**Work request:** Among the lines below, keep only those from the one containing "pub mod Fingerprints" through the one containing "entries : List (Option Text) → NodeSetArg", and reproduce them exactly.

============================================================

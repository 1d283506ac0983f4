-- ===== src/Records.antt =====
-- src/cogindex/_records.py: the tracking records.
use cogindex.Base.{ℕ, Text, Eq, nat_eq, list_eq}
use cogindex.Identity.{Uuid}

abbrev pub record_schema_version : ℕ
record_schema_version = 2

pub record DatasetConfigRecord : Type 0 where
  pub processing_fingerprint : Text
  pub schema_version : ℕ

pub record DocumentRecord : Type 0 where
  pub data_id : Uuid
  pub content_fingerprint : Text
  pub annotations_fingerprint : Text
  pub metadata_fingerprint : Text
  pub processing_fingerprint : Text
  pub importance_weight_fingerprint : Text
  pub schema_version : ℕ

instance unfoldable pub record_eq : Eq DocumentRecord
record_eq = record { dec = hlevel nat_eq.dec }
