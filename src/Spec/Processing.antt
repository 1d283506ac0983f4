-- ===== src/Spec/Processing.antt =====
-- ProcessingConfig, its fingerprint, and processing_config_from_profile.
use cogindex.Base.{
  ℕ, List, [], ◌∷◌, ◌++◌, Bool, true, false, ◌&&◌, ◌||◌, not, Option, none, some, map, length, any,
  contains, nat_eq, list_eq, ◌==◌, Text, codes, text_leb, if◌then◌else◌, is_some,
}
use cogindex.Base.{Result, ok, err, value_error, compatibility_error, ◌>>=◌, ◌>>◌, refuse}
use cogindex.Base.Sets
use cogindex.Identity.{Primitives, text_content, fingerprint_json, fingerprint_content}
use cogindex.Identity.Decimal.{decimal}
use cogindex.Identity.Value.{
  Json, null, flag, num, text, arr, obj, Items, nil, cons, Fields, end, field, text_key,
}
use cogindex.Spec.Profile.{
  PyClass, SchemaMethod, absent, raising, returning, CognifyProfile, bad_chunk_size, has_text,
  is_blank,
}

pub record ProcessingConfig : Type 0 where
  pub graph_model_id : Option Text
  pub graph_model_schema_fingerprint : Option Text
  pub chunker_id : Option Text
  pub chunk_size : Option ℕ
  pub custom_prompt_fingerprint : Option Text
  pub temporal_cognify : Bool
  pub runtime_config_fingerprint : Option Text
  pub extras : List (Text × Text)

-- The order of pairs of texts.
unfoldable pub pair_leb : Text × Text → Text × Text → Bool
unfolding text_leb
pair_leb (a, x) (b, y) = if a == b then text_leb x y else text_leb a b

-- `ProcessingConfig.__post_init__`; that the extras are pairs of texts is their type.
unfoldable pub check_processing : ProcessingConfig → Result ProcessingConfig
unfolding bad_chunk_size is_blank Sets.update pair_leb Sets.sorted
check_processing c = do
  refuse (bad_chunk_size c.chunk_size) value_error
  refuse (any (λ e. is_blank e.0 || contains 0 e.0) c.extras) value_error
  refuse (any (λ e. contains 0 e.1) c.extras) value_error
  let names = map (λ e. e.0) c.extras
  refuse (not (length (Sets.update names []) == length c.extras)) value_error
  ok (record c { extras = Sets.sorted pair_leb c.extras })

unfoldable pub text_or_null : Option Text → Json
text_or_null none = null
text_or_null (some t) = text t

unfoldable pub size_or_null : Option ℕ → Json
size_or_null none = null
size_or_null (some n) = num (decimal n)

unfoldable pub pair_items : List (Text × Text) → Items
pair_items [] = nil
pair_items ((k, v) ∷ rest) = cons (arr (cons (text k) (cons (text v) nil))) (pair_items rest)

abbrev pub entry : Text → Json → Fields → Fields
entry name value rest = field (text_key name) value rest

-- `dataclasses.asdict`
unfoldable pub processing_dict : ProcessingConfig → Json
unfolding text_or_null size_or_null pair_items
processing_dict c = obj (
    entry (codes "graph_model_id") (text_or_null c.graph_model_id) (
      entry (codes "graph_model_schema_fingerprint") (text_or_null c.graph_model_schema_fingerprint)
        (entry (codes "chunker_id") (text_or_null c.chunker_id) (
          entry (codes "chunk_size") (size_or_null c.chunk_size) (
            entry (codes "custom_prompt_fingerprint") (text_or_null c.custom_prompt_fingerprint) (
              entry (codes "temporal_cognify") (flag c.temporal_cognify) (
                entry (codes "runtime_config_fingerprint")
                  (text_or_null c.runtime_config_fingerprint)
                  (entry (codes "extras") (arr (pair_items c.extras)) end))))))))

unfoldable pub qualified_id : PyClass → Text
qualified_id c = c.module_name ++ (b'.' ∷ c.qualname)

-- What the installed Cognee would use for parameters that are left out.
pub record CompatDefaults : Type 0 where
  pub default_graph_model : Option PyClass
  pub default_chunker : Option PyClass
  pub default_chunk_size : Option ℕ

abbrev pub or_default : {A : Type 0} → Option A → Option A → Option A
or_default none d = d
or_default (some a) d = some a

module _ (P : Primitives) where
  unfoldable pub processing_fingerprint : ProcessingConfig → Result Text
  unfolding fingerprint_json processing_dict
  processing_fingerprint c = fingerprint_json P (processing_dict c)

  -- Every exception of the schema method or of its fingerprint becomes a ValueError.
  unfoldable pub model_schema_fingerprint : SchemaMethod → Result (Option Text)
  unfolding fingerprint_json
  model_schema_fingerprint absent = ok none
  model_schema_fingerprint raising = err value_error
  model_schema_fingerprint (returning schema) = elim (fingerprint_json P schema) [
    | ok fp ↦ ok (some fp)
    | err e ↦ err value_error
  ]

  -- The model cognify uses: none for the temporal pipeline.
  unfoldable pub effective_graph_model : CompatDefaults → CognifyProfile → Option PyClass
  effective_graph_model d p =
      if p.temporal_cognify then none else or_default p.graph_model d.default_graph_model

  unfoldable pub graph_model_part : Option PyClass → Result (Option Text × Option Text)
  unfolding model_schema_fingerprint qualified_id
  graph_model_part none = ok (none, none)
  graph_model_part (some c) = do
    fp ← model_schema_fingerprint c.schema
    ok (some (qualified_id c), fp)

  -- Cognee's own settings, which `_compat.configured_processing_inputs` reads.
  unfoldable pub runtime_config_part : Bool → Result Json → Result (Option Text)
  unfolding fingerprint_json
  runtime_config_part false inputs = ok none
  runtime_config_part true inputs = do object ← inputs; fp ← fingerprint_json P object; ok (some fp)

  unfoldable pub custom_prompt_part : Option Text → Option Text
  unfolding fingerprint_content
  custom_prompt_part none = none
  custom_prompt_part (some []) = none
  custom_prompt_part (some (c ∷ s)) = some (fingerprint_content P (text_content (c ∷ s)))

  unfoldable pub chunker_part : Option PyClass → Result Text
  unfolding qualified_id
  chunker_part none = err compatibility_error
  chunker_part (some c) = ok (qualified_id c)

  -- `inputs custom temporal` is `configured_processing_inputs`.
  unfoldable pub processing_config_from_profile :
      CompatDefaults → (Bool → Bool → Result Json) → Bool → CognifyProfile → Result ProcessingConfig
  unfolding effective_graph_model graph_model_part runtime_config_part custom_prompt_part
      chunker_part check_processing has_text
  processing_config_from_profile d inputs include_runtime_models p = do
    let model = effective_graph_model d p
    refuse (not p.temporal_cognify && not (is_some model)) compatibility_error
    chunker ← chunker_part (or_default p.chunker d.default_chunker)
    runtime ←
        runtime_config_part include_runtime_models
          (inputs (has_text p.custom_prompt) p.temporal_cognify)
    parts ← graph_model_part model
    check_processing (record {
      graph_model_id = parts.0;
      graph_model_schema_fingerprint = parts.1;
      chunker_id = some chunker;
      chunk_size = or_default p.chunk_size d.default_chunk_size;
      custom_prompt_fingerprint = custom_prompt_part p.custom_prompt;
      temporal_cognify = p.temporal_cognify;
      runtime_config_fingerprint = runtime;
      extras = [];
    })
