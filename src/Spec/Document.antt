-- ===== src/Spec/Document.antt =====
-- CogneeDocumentSpec and document_record_for.
pub mod Checked
pub mod Fingerprints
use cogindex.Base.{
  ℕ, List, [], ◌∷◌, Bool, true, false, ◌||◌, not, Option, none, some, length, any, contains, nat_eq,
  list_eq, ◌==◌, Text, codes, text_leb, if◌then◌else◌,
}
use cogindex.Base.{Result, ok, err, type_error, value_error, ◌>>=◌, ◌>>◌, refuse}
use cogindex.Base.Sets
use cogindex.Identity.{Primitives, Uuid, Content, fingerprint_json, fingerprint_content}
use cogindex.Identity.Value.{
  Json, null, num, text, arr, obj, Items, nil, cons, Fields, end, field, text_key,
}
use cogindex.Records.{DocumentRecord, record_schema_version}
use cogindex.Spec.Profile.{is_blank}
use cogindex.Spec.Processing.{text_or_null, entry}

-- The node set as it is passed: a bare text or bytes, or entries, `none` for one that is no text.
pub data NodeSetArg : Type 0 where
  bare : NodeSetArg
  entries : List (Option Text) → NodeSetArg

-- A weight as it is passed; a finite number is the text of the float it converts to.
pub data WeightArg : Type 0 where
  boolean : WeightArg
  not_finite : WeightArg
  finite : Text → WeightArg

pub record DocumentArgs : Type 0 where
  pub content : Content
  pub label : Option Text
  pub external_metadata : Option Fields
  pub node_set : Option NodeSetArg
  pub importance_weight : Option WeightArg

-- A finite weight is kept as the text of its float.
pub record CogneeDocumentSpec : Type 0 where
  pub content : Content
  pub label : Option Text
  pub external_metadata : Option Fields
  pub node_set : Option (List Text)
  pub importance_weight : Option Text
  pub content_fingerprint : Text
  pub annotations_fingerprint : Text
  pub importance_weight_fingerprint : Text
  pub metadata_fingerprint : Text

unfoldable pub all_texts : List (Option Text) → Result (List Text)
all_texts [] = ok []
all_texts (none ∷ rest) = err type_error
all_texts (some t ∷ rest) = let more = all_texts rest in more >>= λ ts. ok (t ∷ ts)

unfoldable pub check_nodes : Option NodeSetArg → Result (Option (List Text))
unfolding all_texts is_blank Sets.update
check_nodes none = ok none
check_nodes (some bare) = err type_error
check_nodes (some (entries es)) = do
  nodes ← all_texts es
  refuse (any (λ node. is_blank node || contains 0 node) nodes) value_error
  refuse (not (length (Sets.update nodes []) == length nodes)) value_error
  ok (some nodes)

unfoldable pub check_weight : Option WeightArg → Result (Option Text)
check_weight none = ok none
check_weight (some boolean) = err type_error
check_weight (some not_finite) = err value_error
check_weight (some (finite t)) = ok (some t)

unfoldable pub metadata_json : Option Fields → Json
metadata_json none = null
metadata_json (some fields) = obj fields

unfoldable pub text_items : List Text → Items
text_items [] = nil
text_items (t ∷ ts) = cons (text t) (text_items ts)

-- The order of a node set is presentation: it is sorted for the fingerprint.
unfoldable pub nodes_json : Option (List Text) → Json
unfolding text_items Sets.sorted text_leb
nodes_json none = null
nodes_json (some nodes) = arr (text_items (Sets.sorted text_leb nodes))

unfoldable pub annotations_json : Option Fields → Option (List Text) → Json
unfolding metadata_json nodes_json
annotations_json metadata nodes = obj (
    entry (codes "external_metadata") (metadata_json metadata)
      (entry (codes "node_set") (nodes_json nodes) end))

unfoldable pub weight_json : Option Text → Json
weight_json none = null
weight_json (some t) = num t

unfoldable pub label_json : Option Text → Json
unfolding text_or_null
label_json label = obj (entry (codes "label") (text_or_null label) end)

module _ (P : Primitives) where
  -- `CogneeDocumentSpec.__post_init__`
  unfoldable pub document_spec : DocumentArgs → Result CogneeDocumentSpec
  unfolding fingerprint_json fingerprint_content check_nodes check_weight annotations_json
      weight_json label_json metadata_json
  document_spec args = do
    checked ← fingerprint_json P (metadata_json args.external_metadata)
    nodes ← check_nodes args.node_set
    weight ← check_weight args.importance_weight
    annotations ← fingerprint_json P (annotations_json args.external_metadata nodes)
    weight_fp ← fingerprint_json P (weight_json weight)
    label_fp ← fingerprint_json P (label_json args.label)
    ok (record {
      content = args.content;
      label = args.label;
      external_metadata = args.external_metadata;
      node_set = nodes;
      importance_weight = weight;
      content_fingerprint = fingerprint_content P args.content;
      annotations_fingerprint = annotations;
      importance_weight_fingerprint = weight_fp;
      metadata_fingerprint = label_fp;
    })

unfoldable pub document_record_for : CogneeDocumentSpec → Uuid → Text → DocumentRecord
document_record_for spec data_id processing_fingerprint = record {
  data_id = data_id;
  content_fingerprint = spec.content_fingerprint;
  annotations_fingerprint = spec.annotations_fingerprint;
  metadata_fingerprint = spec.metadata_fingerprint;
  processing_fingerprint = processing_fingerprint;
  importance_weight_fingerprint = spec.importance_weight_fingerprint;
  schema_version = record_schema_version;
}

============================================================

**Result of this exercise:**
pub mod Fingerprints
use cogindex.Base.{
  ℕ, List, [], ◌∷◌, Bool, true, false, ◌||◌, not, Option, none, some, length, any, contains, nat_eq,
  list_eq, ◌==◌, Text, codes, text_leb, if◌then◌else◌,
}
use cogindex.Base.{Result, ok, err, type_error, value_error, ◌>>=◌, ◌>>◌, refuse}
use cogindex.Base.Sets
use cogindex.Identity.{Primitives, Uuid, Content, fingerprint_json, fingerprint_content}
use cogindex.Identity.Value.{
  Json, null, num, text, arr, obj, Items, nil, cons, Fields, end, field, text_key,
}
use cogindex.Records.{DocumentRecord, record_schema_version}
use cogindex.Spec.Profile.{is_blank}
use cogindex.Spec.Processing.{text_or_null, entry}

-- The node set as it is passed: a bare text or bytes, or entries, `none` for one that is no text.
pub data NodeSetArg : Type 0 where
  bare : NodeSetArg
  entries : List (Option Text) → NodeSetArg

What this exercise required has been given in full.